The scatter plot below allows to compare some variations about the deadlock detection. Note that finding a deadlock can stop the exploration before visiting all states.

Benchmark Description

This benchmark uses 38 models extracted from the BEEM benchmark that can be downloaded [Here]. The table above present all the models we use. We observe that that every type of model of the classification of Pelanek is represented.

*Model*	*Classification*	*Type*
adding.6	puzzle	toy
anderson.3	mutex	simple
at.5	mutex	simple
bakery.6	mutex	simple
blocks.3	ps	toy
brp.6	communication-protocol	simple
brp2.6	communication-protocol	simple
cambridge.7	communication-protocol	complex
collision.4	communication-protocol	simple
elevator.4	controller	simple
elevator_planning.2	ps	toy
extinction.4	leader-election	simple
firewire_tree.5	leader-election	complex
fischer.5	mutex	simple
frogs.5	puzzle	toy
hanoi.3	puzzle	toy
iprotocol.6	communication-protocol	complex
lamport.8	mutex	simple
lamport_nonatomic.4	mutex	simple
lann.6	mutex	simple
leader_election.5	leader-election	simple
lifts.7	controller	complex
lup.4	other	simple
mcs.5	mutex	simple
needham.4	other-protocol	complex
peterson.5	mutex	simple
phils.5	mutex	toy
plc.4	controller	complex
production_cell.6	controller	simple
public_subscribe.4	other-protocol	complex
resistance.2	other	simple
rether.6	communication-protocol	simple
rushhour.4	puzzle	toy
schedule_world.2	ps	simple
sorter.4	controller	simple
synapse.7	other-protocol	complex
szymanski.5	mutex	simple
telephony.4	other-protocol	simple

Replay Benchmark

Before installing Spot, you need to install the DiVine tool patched by the LTSmin Team, since we rely on it to generate the state space of each model. You just have to follow instructions given in section 10 of [LTSmin Homepage]. Nonetheless, this tools does not handle out-of-bound exceptions.
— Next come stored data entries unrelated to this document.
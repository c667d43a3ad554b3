-- ===== src/Sqlite/Query/Rows.antt =====
-- What a query returns, against the rows that the library's steps give.
use ormpp.Base.{
  ℕ, zero, suc, ◌<◌, ◌≢◌, ◌==◌, not, Bool, true, false, List, [], ◌∷◌, Bytes, length, Bool-cases,
  inl, inr, ◌≡◌, refl, sym, ap, ◌∙◌, arith,
}
use mathlib.Core.Path.{subst}
use ormpp.Sqlite.{
  StepResult, row, done, failed, Library, Driver, reset_error, set_last_error, with_handle,
}
use ormpp.Sqlite.Statement.{Field, guarded, closed}
use ormpp.Sqlite.Query.{
  Kind, read_row, next_row, before_rows, fetch_all, bind_each, fetched, prepared_with, query_s,
}

module _ {Db : Type 0} (lib : Library Db) (kinds : List (Bool × Kind)) where
  -- From `handle` on, the steps give these rows and then, at `end`, no row.
  abbrev pub Gives : List (List Field) → Db → StepResult → Db → Type 0
  Gives [] handle last end = lib.step handle ≡ (last, end)
  Gives (values ∷ rows) handle last end =
      (next : Db) × (lib.step handle ≡ (row, next))
      × (values ≡ read_row lib kinds 0 next)
      × Gives rows next last end

  no_row :
      (more : Db → List (List Field) × Db) (last : StepResult) (end : Db)
      → last ≢ row
      → next_row lib kinds more (last, end) ≡ ([], end)
  no_row more row end h = absurd (h refl)
  no_row more done end h = refl
  no_row more failed end h = refl

  fetch_all_lem :
      (rows : List (List Field)) (fuel : ℕ) (handle : Db) (last : StepResult) (end : Db)
      → last ≢ row
      → length rows < fuel
      → Gives rows handle last end
      → fetch_all lib fuel kinds handle ≡ (rows, end)
  unfolding fetch_all
  fetch_all_lem rows zero handle last end h k g = elim k [ ]
  fetch_all_lem [] (suc fuel) handle last end h k g =
      ap (next_row lib kinds (fetch_all lib fuel kinds)) g
      ∙ no_row (fetch_all lib fuel kinds) last end h
  fetch_all_lem (values ∷ rows) (suc fuel) handle last end h k (next, e, same, g) =
      ap (next_row lib kinds (fetch_all lib fuel kinds)) e
      ∙ ap (before_rows lib (read_row lib kinds 0 next))
          (fetch_all_lem rows fuel next last end h (omega arith) g)
      ∙ ap (λ v. (v ∷ rows, end)) (sym same)

  -- The error flag behind the guard
  flag_closed :
      (d : Driver Db) (r : ℕ × Db)
      → d.has_error ≡ false
      → (closed lib d r).has_error ≡ not (r.0 == 0)
  unfolding set_last_error
  flag_closed d (status, h) e = elim (Bool-cases (status == 0)) [
    | inl f ↦ rw f e
    | inr f ↦ rw f refl
  ]

  guard_lem :
      (rows : List (List Field)) (d : Driver Db) (end : Db)
      → d.has_error ≡ false
      → ((guarded lib (rows, with_handle d end)).0 ≡ rows)
        × ((guarded lib (rows, with_handle d end)).1.has_error ≡ not ((lib.finalize end).0 == 0))
  guard_lem rows d end e = (refl, flag_closed (with_handle d end) (lib.finalize end) e)

  -- The loop of a query ends, and the query returns all rows that the library gives, in their order, and no
  -- other, also those before a step that fails; it has an error afterwards exactly where closing the
  -- statement reports one, whether the last step ended the rows or failed.
  pub query_s-Gives :
      (fuel : ℕ) (sql : Bytes) (args : List Field) (d : Driver Db) (handle : Db)
      (rows : List (List Field)) (last : StepResult) (end : Db)
      → lib.prepare sql d.handle ≡ (true, handle)
      → last ≢ row
      → length rows < fuel
      → Gives rows (bind_each lib args 0 handle) last end
      → ((query_s lib fuel kinds sql args d).0 ≡ rows)
        × ((query_s lib fuel kinds sql args d).1.has_error ≡ not ((lib.finalize end).0 == 0))
  unfolding query_s reset_error
  query_s-Gives fuel sql args d handle rows last end e h k g =
      subst
        (λ (result : List (List Field) × Driver Db).
          (result.0 ≡ rows) × (result.1.has_error ≡ not ((lib.finalize end).0 == 0)))
        (sym whole)
        (guard_lem rows (reset_error (with_handle d (bind_each lib args 0 handle))) end refl)
    where
      whole :
          query_s lib fuel kinds sql args d
          ≡ guarded lib
              (rows, with_handle (reset_error (with_handle d (bind_each lib args 0 handle))) end)
      whole =
          ap (prepared_with lib [] (λ f. fetched lib f (fetch_all lib fuel kinds f.handle)) args d)
            e
          ∙ ap
              (λ r.
                guarded lib
                  (fetched lib (reset_error (with_handle d (bind_each lib args 0 handle))) r))
              (fetch_all_lem rows fuel (bind_each lib args 0 handle) last end h k g)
Since our algorithms may generate states that are not reachable, we provided two patches to apply to this tool to handle this problem just apply patch1 and patch2

Download and install our fork of Spot thought classic steps:

autoreconf -vfi
./configure
make

Once all previous steps have been done, you should find a binary file modelcheck in the spot/tests/ltsmin directory. This is the binary file we use for our experiments.